# Black's equation

Black's Equation is a mathematical model for the mean time to failure (MTTF) of a semiconductor circuit due to electromigration: a phenomenon of molecular rearrangement (movement) in the solid phase caused by an electromagnetic field.

The equation is:[1]

${\displaystyle MTTF={\frac {A}{j^{n}}}e^{\left({\frac {Q}{kT}}\right)}}$

${\displaystyle A}$ is a constant
${\displaystyle j}$ is the current density
${\displaystyle n}$ is a model parameter
${\displaystyle Q}$ is the activation energy
${\displaystyle k}$ is Boltzmann's constant
${\displaystyle T}$ is the absolute temperature in K

The model is abstract, not based on a specific physical model, but flexibly describes the failure rate dependence on the temperature, the electrical stress, and the specific technology and materials.
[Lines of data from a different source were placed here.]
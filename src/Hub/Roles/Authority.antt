-- ===== src/Hub/Roles/Authority.antt =====
-- Who can change roles, and to what effect (crates/kaigi-hub-echo/src/main.rs: `apply_role_grant`,
-- `apply_role_revoke`).
use sora_kaigi.Base.{
  ◌≡◌, refl, ◌∙◌, ap, sym, subst, ◌⊎◌, inl, inr, Bool, true, false, ◌&&◌, some, get, IsUnique,
  contains, find-get, str_beq, str_beq_iff, nat_eq, str_eq, if◌then◌else◌, arith,
}
use sora_kaigi.Base.Text.{Str}
use sora_kaigi.Base.Results.{ok}
use sora_kaigi.Wire.Frames.{RoleKind, RoleGrantFrame, RoleRevokeFrame}
use sora_kaigi.Hub.State.{Crypto, ConnId, Participant, RoomState}
use sora_kaigi.Hub.Roles.{is_host}
use sora_kaigi.Hub.Roles.Changes.{
  find_joined, grant_host, grant_co_host, revoke_co_host, apply_role_grant, apply_role_revoke,
  RoleMutationOutcome, is_co_host_role,
}
use sora_kaigi.Hub.Roles.Bindings.{IsBound}
use sora_kaigi.Hub.Roles.Grants.{
  check_role_grant-ok, check_role_grant-found, apply_role_grant-ok, apply_role_revoke-ok,
  grant_host_lem, grant_co_host_lem, revoke_co_host_lem, grant_host-IsBound, grant_co_host-IsBound,
  revoke_co_host-IsBound,
}

-- What a role grant to a connection comes to.
abbrev pub Granted : RoomState → RoleGrantFrame → ConnId → RoomState → Type 0
Granted room grant target room' =
    (grant.role ≡ RoleKind.host)
      × (room'.host_conn_id ≡ some target)
      × (room'.host_role_owner ≡ some grant.target_participant_id)
    ⊎ (grant.role ≡ RoleKind.co_host)
      × (room'.host_conn_id ≡ room.host_conn_id)
      × (contains room'.co_host_conn_ids target ≡ true)

-- The participant that `find_joined` names is present under the id.
pub find_joined-get :
    (room : RoomState) (id : Str) (target : ConnId) (p : Participant)
    → IsUnique room.participants
    → find_joined room id ≡ some (target, p)
    → (get room.participants target ≡ some p)
      × (p.state.hello_seen ≡ true)
      × (p.state.participant_id ≡ id)
unfolding find_joined
find_joined-get room id target p u h =
    let facts =
      find-get
        (λ (e : ConnId × Participant). e.1.state.hello_seen && str_beq e.1.state.participant_id id)
        room.participants target p u h in
    ground (arith, facts, str_beq_iff p.state.participant_id id)

module _ (clocked : RoomState) (target : ConnId) (id : Str)
    (u : IsUnique clocked.participants) where
  role-IsBound :
      (b : Bool)
      → IsBound (if b then grant_co_host clocked target id else grant_host clocked target id).0
  role-IsBound true = grant_co_host-IsBound clocked target id u
  role-IsBound false = grant_host-IsBound clocked target id u

  -- A present participant whose id is given the role is bound, unless it is the host.
  granted_co_host_bound :
      (p : Participant)
      → get clocked.participants target ≡ some p
      → p.state.hello_seen ≡ true
      → p.state.participant_id ≡ id
      → is_host clocked target ≡ false
      → contains (grant_co_host clocked target id).0.co_host_conn_ids target ≡ true
  granted_co_host_bound p here seen named guest =
      let facts = grant_co_host_lem clocked target id in
      let r = (grant_co_host clocked target id).0 in
      let holds : contains r.co_host_role_owners p.state.participant_id ≡ true = rw named facts.0 in
      let found : get r.participants target ≡ some p = rw facts.2 here in
      let other : is_host r target ≡ false = rw facts.1 guest in
      grant_co_host-IsBound clocked target id u target ∙ rw (other, found, seen, holds)

  role-Granted :
      (room : RoomState) (grant : RoleGrantFrame) (p : Participant)
      → clocked.host_conn_id ≡ room.host_conn_id
      → get clocked.participants target ≡ some p
      → p.state.hello_seen ≡ true
      → p.state.participant_id ≡ id
      → grant.target_participant_id ≡ id
      → (grant.role ≡ RoleKind.host)
        ⊎ (grant.role ≡ RoleKind.co_host) × (is_host room target ≡ false)
      → Granted room grant target
          (if is_co_host_role grant.role
            then grant_co_host clocked target id
            else grant_host clocked target id).0
  role-Granted room grant p host here seen named same (inl as_host) =
      let granted = grant_host_lem clocked target id in
      rw (as_host, same) (inl (refl, granted.0, granted.1))
  role-Granted room grant p host here seen named same (inr (as_co_host, guest)) =
      let granted = grant_co_host_lem clocked target id in
      rw as_co_host
        (inr (refl, granted.1 ∙ host, granted_co_host_bound p here seen named (rw host guest)))

module _ (crypto : Crypto) (room : RoomState) (sender : ConnId)
    (u : IsUnique room.participants) where
  -- In a room with one entry for each connection: an accepted role grant came from the host, for a
  -- present participant. A granted host is the
  -- host afterwards, under the id that the room remembers for it; a granted co-host is bound, and
  -- the host stays. In both cases the bound co-hosts are exactly the present participants whose
  -- ids hold the role, the host excepted.
  pub apply_role_grant-Granted :
      (grant : RoleGrantFrame) (room' : RoomState) (outcome : RoleMutationOutcome)
      → apply_role_grant crypto room sender grant ≡ ok (room', outcome)
      → (is_host room sender ≡ true)
        × IsBound room'
        × (target : ConnId) × (p : Participant) × (find_joined room grant.target_participant_id
            ≡ some (target, p))
        × Granted room grant target room'
  apply_role_grant-Granted grant room' outcome h =
      let (target, clocked, checked, same, host, e) =
        apply_role_grant-ok crypto room sender grant (room', outcome) h in
      let (p, found) = check_role_grant-found crypto room sender grant checked in
      let facts = check_role_grant-ok crypto room sender grant target p found checked in
      let here = find_joined-get room grant.target_participant_id target p u found in
      let uc = subst IsUnique (sym same) u in
      (
        facts.1,
        subst (λ r. IsBound r.0) (sym e)
            (role-IsBound clocked target grant.target_participant_id uc
              (is_co_host_role grant.role)),
        target,
        p,
        found,
        subst (λ r. Granted room grant target r.0) (sym e)
            (role-Granted clocked target grant.target_participant_id uc room grant p host
              (rw same here.0) here.1 here.2 refl facts.3),
      )

  -- In a room with one entry for each connection: an accepted revoke came from the host. Afterwards the id does not hold the co-host role, the
  -- host is the same, and the bound co-hosts are exactly the present participants whose ids hold
  -- the role, the host excepted.
  pub apply_role_revoke-revoked :
      (revoke : RoleRevokeFrame) (room' : RoomState) (outcome : RoleMutationOutcome)
      → apply_role_revoke crypto room sender revoke ≡ ok (room', outcome)
      → (is_host room sender ≡ true)
        × (contains room'.co_host_role_owners revoke.target_participant_id ≡ false)
        × (room'.host_conn_id ≡ room.host_conn_id)
        × IsBound room'
  apply_role_revoke-revoked revoke room' outcome h =
      let (by_host, target, clocked, same, host, e) =
        apply_role_revoke-ok crypto room sender revoke (room', outcome) h in
      let facts = revoke_co_host_lem clocked target revoke.target_participant_id in
      let now : room' ≡ (revoke_co_host clocked target revoke.target_participant_id).0 =
        ap (λ r. r.0) e in
      (
        by_host,
        rw now facts.0,
        rw now (facts.1 ∙ host),
        subst IsBound (sym now) (
            revoke_co_host-IsBound clocked target revoke.target_participant_id
              (subst IsUnique (sym same) u)),
      )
More adequately described as descriptive than prescriptive, the values for A, n, and Q are found by fitting the model to experimental data.
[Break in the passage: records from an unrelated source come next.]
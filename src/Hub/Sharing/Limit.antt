-- ===== src/Hub/Sharing/Limit.antt =====
-- The limit on screen shares (crates/kaigi-hub-echo/src/main.rs) and the two handlers that switch
-- them on, `ParticipantState` and `MediaTrackState`.
use sora_kaigi.Base.{
  ℕ, ◌+◌, ◌≤◌, ◌<◌, ◌≡◌, Bool, true, false, none, some, get, put, IsUnique, count, bit,
  count_values, count_values-put, count_others-present, max, ◌&&◌, nat_beq, str_beq, nat_eq, arith,
}
use sora_kaigi.Hub.State.{ConnId, Participant, RoomState}
use sora_kaigi.Wire.Frames.{ParticipantStateFrame, MediaTrackStateFrame, MediaTrackKind}
use sora_kaigi.Hub.Sharing.{
  other_sharers, share_limit, screen_share_request, participant_state_section, media_track_section,
  switched, tracked, e2ee_epoch, validate_plaintext_e2ee_gate,
}

-- How many participants of the room share their screen.
abbrev pub sharers : RoomState → ℕ
sharers room = count (λ e. e.1.state.screen_share_enabled) room.participants

abbrev shares : Participant → Bool
shares p = p.state.screen_share_enabled

module _ (room : RoomState) (conn_id : ConnId) (p : Participant) (u : IsUnique room.participants)
    (here : get room.participants conn_id ≡ some p) where
  sharers-with :
      (v : Participant)
      → count_values shares (put room.participants conn_id v)
        ≡ other_sharers room conn_id + bit v.state.screen_share_enabled
  sharers-with v = count_values-put shares room.participants conn_id p v u here

  -- In a room with one entry for each connection, a participant's own switches never take the room
  -- past its limit of screen shares: it stays within the limit, or not above what it was before.
  pub participant_state_limit :
      (update : ParticipantStateFrame) (at_ms : ℕ)
      → sharers (participant_state_section room conn_id update at_ms).0
        ≤ max (sharers room) (share_limit room)
  unfolding participant_state_section screen_share_request
  participant_state_limit update at_ms = ground (
    arith,
    here,
    sharers-with (record p { state = switched update (some true) p.state }),
    sharers-with (record p { state = switched update (some false) p.state }),
    sharers-with (record p { state = switched update none p.state }),
    count_others-present shares room.participants conn_id p u here,
  )

  -- `MediaTrackState` does not look at the limit: a transparent room at its limit of screen shares
  -- goes past it by the frame of a participant who has joined, does not share yet, and has published
  -- a key where the room requires encryption, if the frame is in its own name, for the screen-share
  -- track, and switches the share on.
  pub media_track_exceeds_limit :
      (track : MediaTrackStateFrame) (at_ms : ℕ)
      → room.anonymous_mode ≡ false
      → (room.e2ee_required && nat_beq (e2ee_epoch room conn_id) 0) ≡ false
      → p.state.hello_seen ≡ true
      → p.state.screen_share_enabled ≡ false
      → str_beq p.state.participant_id track.participant_id ≡ true
      → track.active_video_track ≡ MediaTrackKind.screen_share
      → track.screen_share_enabled ≡ true
      → share_limit room ≤ sharers room
      → share_limit room < sharers (media_track_section room conn_id track at_ms).0
  unfolding media_track_section tracked validate_plaintext_e2ee_gate
  media_track_exceeds_limit track at_ms open_room gate joined quiet own kind on full = ground (
    arith,
    here,
    sharers-with (record p { state = tracked track MediaTrackKind.screen_share p.state }),
    count_others-present shares room.participants conn_id p u here,
  )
The model's value is that it maps experimental data taken at elevated temperature and electrical stress levels in short periods of time to expected component failure rates under actual operating conditions. Experimental data is obtained by running a combination of high temperature operating life (HTOL), electrical, and any other relevant operating environment variables.

Predicted semiconductor failure rates of millions or billions of hours should be used with caution because experimental correlation is all but impossible due to the predominance of other failure modes.